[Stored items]
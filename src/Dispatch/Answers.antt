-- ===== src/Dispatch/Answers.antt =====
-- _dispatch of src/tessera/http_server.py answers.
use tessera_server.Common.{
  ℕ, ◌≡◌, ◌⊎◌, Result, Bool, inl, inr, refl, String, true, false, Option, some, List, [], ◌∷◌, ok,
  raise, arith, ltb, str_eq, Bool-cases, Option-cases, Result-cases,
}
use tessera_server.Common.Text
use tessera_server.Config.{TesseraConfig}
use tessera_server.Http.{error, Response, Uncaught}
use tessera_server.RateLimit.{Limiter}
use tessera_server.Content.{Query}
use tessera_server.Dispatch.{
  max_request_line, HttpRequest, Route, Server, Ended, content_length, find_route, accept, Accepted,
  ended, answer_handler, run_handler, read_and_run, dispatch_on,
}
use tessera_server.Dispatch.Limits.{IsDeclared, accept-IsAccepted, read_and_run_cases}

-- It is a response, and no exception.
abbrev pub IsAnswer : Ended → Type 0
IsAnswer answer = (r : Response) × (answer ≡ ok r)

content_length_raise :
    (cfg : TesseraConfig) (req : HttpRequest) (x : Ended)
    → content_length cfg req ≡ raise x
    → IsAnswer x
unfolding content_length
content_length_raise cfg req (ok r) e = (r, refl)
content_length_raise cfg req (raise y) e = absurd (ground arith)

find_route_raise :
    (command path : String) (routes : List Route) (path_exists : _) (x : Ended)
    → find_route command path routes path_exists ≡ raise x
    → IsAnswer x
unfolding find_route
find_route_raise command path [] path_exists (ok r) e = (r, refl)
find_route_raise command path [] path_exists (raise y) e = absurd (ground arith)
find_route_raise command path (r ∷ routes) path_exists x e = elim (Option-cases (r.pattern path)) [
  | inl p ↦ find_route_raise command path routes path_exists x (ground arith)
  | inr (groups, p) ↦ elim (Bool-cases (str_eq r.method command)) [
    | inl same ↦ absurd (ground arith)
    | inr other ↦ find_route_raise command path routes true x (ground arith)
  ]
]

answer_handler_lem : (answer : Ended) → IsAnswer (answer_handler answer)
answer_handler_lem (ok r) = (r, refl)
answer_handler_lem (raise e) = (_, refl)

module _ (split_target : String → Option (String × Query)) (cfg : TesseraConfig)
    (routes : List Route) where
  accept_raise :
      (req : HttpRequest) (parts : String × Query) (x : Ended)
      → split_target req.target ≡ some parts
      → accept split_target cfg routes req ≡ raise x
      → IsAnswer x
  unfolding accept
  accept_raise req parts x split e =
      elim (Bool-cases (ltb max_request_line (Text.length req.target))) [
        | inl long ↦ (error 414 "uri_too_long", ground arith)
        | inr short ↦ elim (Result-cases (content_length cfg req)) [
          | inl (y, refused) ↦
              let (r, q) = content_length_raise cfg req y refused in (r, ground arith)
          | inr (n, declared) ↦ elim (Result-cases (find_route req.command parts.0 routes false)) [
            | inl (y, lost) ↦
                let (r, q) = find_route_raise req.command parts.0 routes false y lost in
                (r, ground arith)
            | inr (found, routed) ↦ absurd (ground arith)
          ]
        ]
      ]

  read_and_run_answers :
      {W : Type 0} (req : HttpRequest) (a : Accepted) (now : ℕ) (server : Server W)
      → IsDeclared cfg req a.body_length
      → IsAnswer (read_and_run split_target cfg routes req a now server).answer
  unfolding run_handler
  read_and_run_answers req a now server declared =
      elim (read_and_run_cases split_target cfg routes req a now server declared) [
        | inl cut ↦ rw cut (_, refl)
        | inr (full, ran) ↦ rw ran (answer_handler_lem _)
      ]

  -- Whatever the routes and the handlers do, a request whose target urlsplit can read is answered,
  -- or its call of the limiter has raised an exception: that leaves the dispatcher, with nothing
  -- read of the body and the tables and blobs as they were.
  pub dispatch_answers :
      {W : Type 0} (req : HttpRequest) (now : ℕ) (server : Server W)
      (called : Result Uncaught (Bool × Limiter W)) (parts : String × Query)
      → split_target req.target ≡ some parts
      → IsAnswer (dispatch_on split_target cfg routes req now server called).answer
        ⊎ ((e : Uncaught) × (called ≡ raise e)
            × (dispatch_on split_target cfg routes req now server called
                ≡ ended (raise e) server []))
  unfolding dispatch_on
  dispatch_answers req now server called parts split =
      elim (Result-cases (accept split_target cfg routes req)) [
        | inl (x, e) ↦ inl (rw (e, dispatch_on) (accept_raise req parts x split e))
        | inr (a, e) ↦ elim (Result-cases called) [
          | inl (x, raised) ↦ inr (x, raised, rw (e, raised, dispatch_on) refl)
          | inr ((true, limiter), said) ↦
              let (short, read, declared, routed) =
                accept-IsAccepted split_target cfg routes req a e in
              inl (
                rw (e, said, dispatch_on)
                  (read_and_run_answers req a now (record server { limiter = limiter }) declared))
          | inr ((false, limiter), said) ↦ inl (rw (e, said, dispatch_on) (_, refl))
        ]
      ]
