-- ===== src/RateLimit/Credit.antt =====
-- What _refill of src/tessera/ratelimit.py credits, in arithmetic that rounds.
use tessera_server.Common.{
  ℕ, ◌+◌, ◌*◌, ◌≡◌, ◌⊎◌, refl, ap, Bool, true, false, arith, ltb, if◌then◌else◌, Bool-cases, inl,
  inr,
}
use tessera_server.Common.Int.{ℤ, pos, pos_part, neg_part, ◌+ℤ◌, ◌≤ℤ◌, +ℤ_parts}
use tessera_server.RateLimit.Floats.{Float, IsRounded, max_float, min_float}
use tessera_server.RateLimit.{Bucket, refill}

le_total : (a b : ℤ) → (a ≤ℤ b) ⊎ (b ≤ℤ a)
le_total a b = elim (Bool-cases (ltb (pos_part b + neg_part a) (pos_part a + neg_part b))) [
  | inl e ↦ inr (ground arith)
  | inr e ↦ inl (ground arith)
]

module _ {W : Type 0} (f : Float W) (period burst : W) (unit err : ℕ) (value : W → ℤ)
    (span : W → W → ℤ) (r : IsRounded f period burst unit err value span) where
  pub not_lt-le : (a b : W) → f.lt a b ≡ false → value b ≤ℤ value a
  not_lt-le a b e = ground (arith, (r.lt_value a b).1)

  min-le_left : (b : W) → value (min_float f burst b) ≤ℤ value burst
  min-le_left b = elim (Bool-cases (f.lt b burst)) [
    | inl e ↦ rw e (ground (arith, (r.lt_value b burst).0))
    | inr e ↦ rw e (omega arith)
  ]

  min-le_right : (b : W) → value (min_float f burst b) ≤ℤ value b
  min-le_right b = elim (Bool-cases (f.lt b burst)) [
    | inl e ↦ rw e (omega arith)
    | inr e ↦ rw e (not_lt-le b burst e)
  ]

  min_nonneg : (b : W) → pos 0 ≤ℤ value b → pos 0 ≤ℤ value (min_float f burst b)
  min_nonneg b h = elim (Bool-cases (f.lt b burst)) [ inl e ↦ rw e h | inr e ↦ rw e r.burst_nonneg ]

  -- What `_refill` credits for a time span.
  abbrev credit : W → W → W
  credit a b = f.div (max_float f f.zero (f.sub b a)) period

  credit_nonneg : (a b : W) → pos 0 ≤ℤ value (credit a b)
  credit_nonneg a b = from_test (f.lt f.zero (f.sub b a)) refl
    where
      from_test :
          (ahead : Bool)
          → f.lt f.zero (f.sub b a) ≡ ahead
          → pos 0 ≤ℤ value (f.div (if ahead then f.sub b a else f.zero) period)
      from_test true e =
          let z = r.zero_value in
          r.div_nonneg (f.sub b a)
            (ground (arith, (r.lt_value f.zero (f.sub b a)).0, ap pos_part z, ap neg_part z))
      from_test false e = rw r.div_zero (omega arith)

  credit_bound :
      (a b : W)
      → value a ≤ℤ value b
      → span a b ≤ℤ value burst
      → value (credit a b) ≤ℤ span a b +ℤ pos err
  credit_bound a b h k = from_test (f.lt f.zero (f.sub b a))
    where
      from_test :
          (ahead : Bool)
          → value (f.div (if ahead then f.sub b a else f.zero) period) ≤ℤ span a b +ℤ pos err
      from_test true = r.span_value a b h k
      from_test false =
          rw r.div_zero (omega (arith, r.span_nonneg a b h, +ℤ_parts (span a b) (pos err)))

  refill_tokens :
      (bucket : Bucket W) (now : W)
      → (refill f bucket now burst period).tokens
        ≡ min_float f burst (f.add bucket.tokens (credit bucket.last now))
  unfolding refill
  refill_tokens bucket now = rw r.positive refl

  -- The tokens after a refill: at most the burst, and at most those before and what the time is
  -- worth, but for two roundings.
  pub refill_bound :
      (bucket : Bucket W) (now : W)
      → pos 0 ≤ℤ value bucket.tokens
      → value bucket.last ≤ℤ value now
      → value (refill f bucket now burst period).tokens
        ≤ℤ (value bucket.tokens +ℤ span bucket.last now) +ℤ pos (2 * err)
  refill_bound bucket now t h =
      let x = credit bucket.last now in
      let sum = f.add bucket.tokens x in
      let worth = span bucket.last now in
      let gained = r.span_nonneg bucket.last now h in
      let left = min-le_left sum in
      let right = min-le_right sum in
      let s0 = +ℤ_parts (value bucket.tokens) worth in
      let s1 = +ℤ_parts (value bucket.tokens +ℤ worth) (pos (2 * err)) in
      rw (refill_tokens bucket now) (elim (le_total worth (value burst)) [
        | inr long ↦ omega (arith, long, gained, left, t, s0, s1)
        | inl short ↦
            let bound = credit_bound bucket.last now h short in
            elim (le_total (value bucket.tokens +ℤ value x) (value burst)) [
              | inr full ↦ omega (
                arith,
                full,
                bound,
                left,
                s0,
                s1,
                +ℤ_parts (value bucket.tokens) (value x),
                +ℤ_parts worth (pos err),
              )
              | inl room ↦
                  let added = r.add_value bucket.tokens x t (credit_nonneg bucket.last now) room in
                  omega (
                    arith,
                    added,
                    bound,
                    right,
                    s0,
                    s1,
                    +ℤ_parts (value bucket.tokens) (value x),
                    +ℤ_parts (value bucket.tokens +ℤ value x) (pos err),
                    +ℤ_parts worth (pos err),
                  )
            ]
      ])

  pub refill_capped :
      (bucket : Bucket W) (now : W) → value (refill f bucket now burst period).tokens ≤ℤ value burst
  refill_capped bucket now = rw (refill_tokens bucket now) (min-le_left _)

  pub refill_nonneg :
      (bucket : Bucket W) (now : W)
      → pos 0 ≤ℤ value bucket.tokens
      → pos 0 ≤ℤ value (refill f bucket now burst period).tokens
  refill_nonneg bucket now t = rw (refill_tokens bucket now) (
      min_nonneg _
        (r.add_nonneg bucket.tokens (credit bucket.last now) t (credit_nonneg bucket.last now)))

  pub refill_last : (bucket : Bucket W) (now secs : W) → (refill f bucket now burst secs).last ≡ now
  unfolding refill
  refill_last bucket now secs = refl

HOW TO COMPLETE THIS TASK
Work through the records above. Copy every line with the string "antt".

TASK RESULT
filename src/Dispatch/Answers.antt
-- ===== src/Dispatch/Answers.antt =====
-- ===== src/RateLimit/Credit.antt =====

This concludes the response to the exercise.